This new world of statutory copyright law had a profound influence on the development of the modern author. When eighteenth-century writers and publishers took to the courts to defend the copyright protections they were granted by the 1710 Statute of Anne, they forced English judges to identify exactly what an individual may claim as intellectual property. A series of highly influential cases during the period led judges to identify public matters of fact—such as the names of roads in a British county, or the list of words in the English language—as “unauthored, uncreated ‘facts’ or ‘sources’” [Aoki 26]. Legal scholar Keith Aoki has demonstrated that authors’ attempts to claim copyright control over publications based on these public matters of fact were then “justified or denied on the basis of how much or how little an author-like figure ha[d] intervened, transforming pre-existing raw ‘sources’ and ‘facts’ into something ‘original’” [Aoki 26]. Originality therefore became a fundamental focal point of both literary discourse and copyright disputes in late eighteenth-century England.

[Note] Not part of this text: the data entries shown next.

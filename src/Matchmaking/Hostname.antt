-- ===== src/Matchmaking/Hostname.antt =====
-- `hostname.replace(/\/+$/, "")` in the constructors of the service clients.
use hax_war.Base.{
  ℕ, zero, suc, ◌==◌, ◌≡◌, refl, ap, Bool, false, [], ◌∷◌, ◌++◌, if◌then◌else◌, Text,
}

-- A character before a text that is stripped already.
abbrev before_stripped : ℕ → Text → Text
before_stripped c [] = if c == b'/' then [] else c ∷ []
before_stripped c (d ∷ t) = c ∷ d ∷ t

-- `hostname.replace(/\/+$/, "")`.
unfoldable pub strip_slashes : Text → Text
strip_slashes [] = []
strip_slashes (c ∷ s) = before_stripped c (strip_slashes s)

abbrev pub slashes : ℕ → Text
slashes zero = []
slashes (suc n) = b'/' ∷ slashes n

abbrev pub ends_with_slash : Text → Bool
ends_with_slash [] = false
ends_with_slash (c ∷ []) = c == b'/'
ends_with_slash (c ∷ d ∷ t) = ends_with_slash (d ∷ t)

strip_slashes-slashes : (n : ℕ) → strip_slashes (slashes n) ≡ []
unfolding strip_slashes
strip_slashes-slashes zero = refl
strip_slashes-slashes (suc n) = rw (strip_slashes-slashes n)

-- All the slashes at the end go, and nothing else.
pub strip_slashes_lem :
    (h : Text) (n : ℕ) → ends_with_slash h ≡ false → strip_slashes (h ++ slashes n) ≡ h
unfolding strip_slashes
strip_slashes_lem [] n e = strip_slashes-slashes n
strip_slashes_lem (c ∷ []) n e = rw (strip_slashes-slashes n) (rw e)
strip_slashes_lem (c ∷ d ∷ t) n e = ap (before_stripped c) (strip_slashes_lem (d ∷ t) n e)
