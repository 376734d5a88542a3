-- ===== src/Matchmaking/Service.antt =====
-- The generated service clients: what they ask of the gRPC-web library, and how the library is to
-- read the responses. The library itself is outside: a call is the value that it is given.
use hax_war.Base.{ℕ, ◌≡◌, ap, false, Option, none, some, List, [], ◌++◌, Text, txt}
use hax_war.Matchmaking.{Wire, IsFaithful, IsInt32}
use hax_war.Matchmaking.Hostname.{strip_slashes, slashes, ends_with_slash, strip_slashes_lem}
use hax_war.Matchmaking.Queue.{
  JoinQueueRequest, join_queue_request-roundtrip, LeaveQueueRequest, leave_queue_request-roundtrip,
  LeaveQueueResponse, GetQueueStatusRequest, get_queue_status_request-roundtrip, QueueStatus,
}
use hax_war.Matchmaking.Updates.{MatchmakingUpdate}
use hax_war.Matchmaking.Rooms.{
  GetRoomInfoRequest, get_room_info_request-roundtrip, RoomInfo, ListActiveRoomsRequest,
  list_active_rooms_request-roundtrip, ListActiveRoomsResponse,
}
use hax_war.Matchmaking.Binary.{
  serialize_binary_join_queue_request, deserialize_binary_join_queue_request,
  serialize_binary_leave_queue_request, deserialize_binary_leave_queue_request,
  serialize_binary_get_queue_status_request, deserialize_binary_get_queue_status_request,
  serialize_binary_get_room_info_request, deserialize_binary_get_room_info_request,
  serialize_binary_list_active_rooms_request, deserialize_binary_list_active_rooms_request,
  deserialize_binary_matchmaking_update, deserialize_binary_leave_queue_response,
  deserialize_binary_queue_status, deserialize_binary_room_info,
  deserialize_binary_list_active_rooms_response,
}
use hax_war.Matchmaking.Binary.Through.{
  get_queue_status_request-through_bytes, get_room_info_request-through_bytes,
  join_queue_request-through_bytes, leave_queue_request-through_bytes,
  list_active_rooms_request-through_bytes,
}

pub record ServiceClient : Type 0 where
  pub hostname : Text

-- The constructors of the four clients; the option `format` is "text" for each.
unfoldable pub new_service_client : Text → ServiceClient
unfolding strip_slashes
new_service_client hostname = record { hostname = strip_slashes hostname }

pub data MethodType : Type 0 where
  unary server_streaming : MethodType

-- The library's `serverStreaming`, `rpcCall` of a client with callbacks, and `unaryCall` of one
-- with promises.
pub data Caller : Type 0 where
  streaming_call rpc_call unary_call : Caller

pub record Metadata : Type 0 where
  pub entries : List (Text × Text)

-- `metadata || {}`.
abbrev pub metadata_or : Option Metadata → Metadata
metadata_or none = record { entries = [] }
metadata_or (some m) = m

module _ (w : Wire) where
  -- `MethodDescriptor`.
  pub record Method (Q R : Type 0) : Type 0 where
    pub path : Text
    pub method_type : MethodType
    pub encode : Q → w.Bytes
    pub decode : w.Bytes → R

  -- What the library is given, with the request as the descriptor encodes it.
  pub record Call : Type 0 where
    pub caller : Caller
    pub url : Text
    pub body : w.Bytes
    pub metadata : Metadata

  unfoldable pub call :
      {Q R : Type 0} → Caller → ServiceClient → Method Q R → Q → Option Metadata → Call
  call how c m request metadata = record {
    caller = how;
    url = c.hostname ++ m.path;
    body = m.encode request;
    metadata = metadata_or metadata;
  }

  abbrev pub join_queue_method : Method JoinQueueRequest MatchmakingUpdate
  join_queue_method = record {
    path = txt "/matchmaking.MatchmakingService/JoinQueue";
    method_type = server_streaming;
    encode = serialize_binary_join_queue_request w;
    decode = deserialize_binary_matchmaking_update w;
  }

  abbrev pub leave_queue_method : Method LeaveQueueRequest LeaveQueueResponse
  leave_queue_method = record {
    path = txt "/matchmaking.MatchmakingService/LeaveQueue";
    method_type = unary;
    encode = serialize_binary_leave_queue_request w;
    decode = deserialize_binary_leave_queue_response w;
  }

  abbrev pub get_queue_status_method : Method GetQueueStatusRequest QueueStatus
  get_queue_status_method = record {
    path = txt "/matchmaking.MatchmakingService/GetQueueStatus";
    method_type = unary;
    encode = serialize_binary_get_queue_status_request w;
    decode = deserialize_binary_queue_status w;
  }

  abbrev pub get_room_info_method : Method GetRoomInfoRequest RoomInfo
  get_room_info_method = record {
    path = txt "/matchmaking.GameRoomService/GetRoomInfo";
    method_type = unary;
    encode = serialize_binary_get_room_info_request w;
    decode = deserialize_binary_room_info w;
  }

  abbrev pub list_active_rooms_method : Method ListActiveRoomsRequest ListActiveRoomsResponse
  list_active_rooms_method = record {
    path = txt "/matchmaking.GameRoomService/ListActiveRooms";
    method_type = unary;
    encode = serialize_binary_list_active_rooms_request w;
    decode = deserialize_binary_list_active_rooms_response w;
  }

  -- The methods of the clients, with callbacks or with promises.
  unfoldable pub join_queue : ServiceClient → JoinQueueRequest → Option Metadata → Call
  unfolding call
  join_queue c = call streaming_call c join_queue_method

  unfoldable pub leave_queue : Caller → ServiceClient → LeaveQueueRequest → Option Metadata → Call
  unfolding call
  leave_queue how c = call how c leave_queue_method

  unfoldable pub get_queue_status :
      Caller → ServiceClient → GetQueueStatusRequest → Option Metadata → Call
  unfolding call
  get_queue_status how c = call how c get_queue_status_method

  unfoldable pub get_room_info :
      Caller → ServiceClient → GetRoomInfoRequest → Option Metadata → Call
  unfolding call
  get_room_info how c = call how c get_room_info_method

  unfoldable pub list_active_rooms :
      Caller → ServiceClient → ListActiveRoomsRequest → Option Metadata → Call
  unfolding call
  list_active_rooms how c = call how c list_active_rooms_method

module _ {w : Wire} where
  -- The call has the URL, and the server reads this request in its body.
  pub record Reaches {Q : Type 0} (url : Text) (read : w.Bytes → Q) (q : Q) (c : Call w)
      : Type 0 where
    pub addressed : c.url ≡ url
    pub understood : read c.body ≡ q

  -- A client of a host with any number of slashes at its end calls each method at the host, one
  -- slash and the method's path; and a server whose wire reads back what was written finds the
  -- request in the body, if its number has 32 bits.
  pub calls-Reaches :
      (h : Text) (n : ℕ) (how : Caller) (metadata : Option Metadata) (join : JoinQueueRequest)
      (leave : LeaveQueueRequest) (status : GetQueueStatusRequest) (room : GetRoomInfoRequest)
      (rooms : ListActiveRoomsRequest)
      → ends_with_slash h ≡ false
      → IsFaithful w
      → IsInt32 join.rating
      → IsInt32 rooms.max_results
      → let c = new_service_client (h ++ slashes n) in
        Reaches
          (h ++ txt "/matchmaking.MatchmakingService/JoinQueue")
          (deserialize_binary_join_queue_request w)
          join
          (join_queue w c join metadata)
        × Reaches
            (h ++ txt "/matchmaking.MatchmakingService/LeaveQueue")
            (deserialize_binary_leave_queue_request w)
            leave
            (leave_queue w how c leave metadata)
        × Reaches
            (h ++ txt "/matchmaking.MatchmakingService/GetQueueStatus")
            (deserialize_binary_get_queue_status_request w)
            status
            (get_queue_status w how c status metadata)
        × Reaches
            (h ++ txt "/matchmaking.GameRoomService/GetRoomInfo")
            (deserialize_binary_get_room_info_request w)
            room
            (get_room_info w how c room metadata)
        × Reaches
            (h ++ txt "/matchmaking.GameRoomService/ListActiveRooms")
            (deserialize_binary_list_active_rooms_request w)
            rooms
            (list_active_rooms w how c rooms metadata)
  unfolding new_service_client join_queue leave_queue get_queue_status get_room_info
      list_active_rooms
  calls-Reaches h n how metadata join leave status room rooms plain ok hj hr =
      let at = λ (path : Text). ap (λ t. t ++ path) (strip_slashes_lem h n plain) in
      (
        record {
          addressed = at _;
          understood =
              join_queue_request-through_bytes ok (join_queue_request-roundtrip ok join hj);
        },
        record {
          addressed = at _;
          understood =
              leave_queue_request-through_bytes ok (leave_queue_request-roundtrip ok leave);
        },
        record {
          addressed = at _;
          understood =
              get_queue_status_request-through_bytes ok
                (get_queue_status_request-roundtrip ok status);
        },
        record {
          addressed = at _;
          understood =
              get_room_info_request-through_bytes ok (get_room_info_request-roundtrip ok room);
        },
        record {
          addressed = at _;
          understood =
              list_active_rooms_request-through_bytes ok
                (list_active_rooms_request-roundtrip ok rooms hr);
        },
      )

Many scholars have traced the ways this legal requirement of “originality” helped transform an Augustan literary culture founded on mimetic imitation into a Romantic literary culture founded on original utterances.2 Benjamin Kaplan, for example, has documented the ways Edward Young’s Conjectures on Original Composition and subsequent proto-Romantic works helped “justify” the foundations of the new statutory copyright law [Kaplan 24]. Peter Jaszi and Martha Woodmansee have elaborated this position, explaining that late-eighteenth century Romantic poets like Wordsworth and Keats believed “genuine authorship is originary in the sense that it results not in a variation, in imitation, or an adaptation, but in an utterly new, unique—in a word, ‘original’—work which, accordingly may be said to be the property of its creator and to merit the law’s protection as such” [Jaszi 195]. Drawing on related insights, scholars including Elizabeth Eisenstein and Jacqueline Rhodes have shown that the imperative of originality in eighteenth-century copyright law helped inspire a form of “possessive individualism” in Romantic literary discourse that “demonised plagiarism,” “valorised individuality,” and helped dedicate Romantic writers to getting their “uniqueness uttered” [Eisenstein 94, Rhodes 4, Waterhouse 40].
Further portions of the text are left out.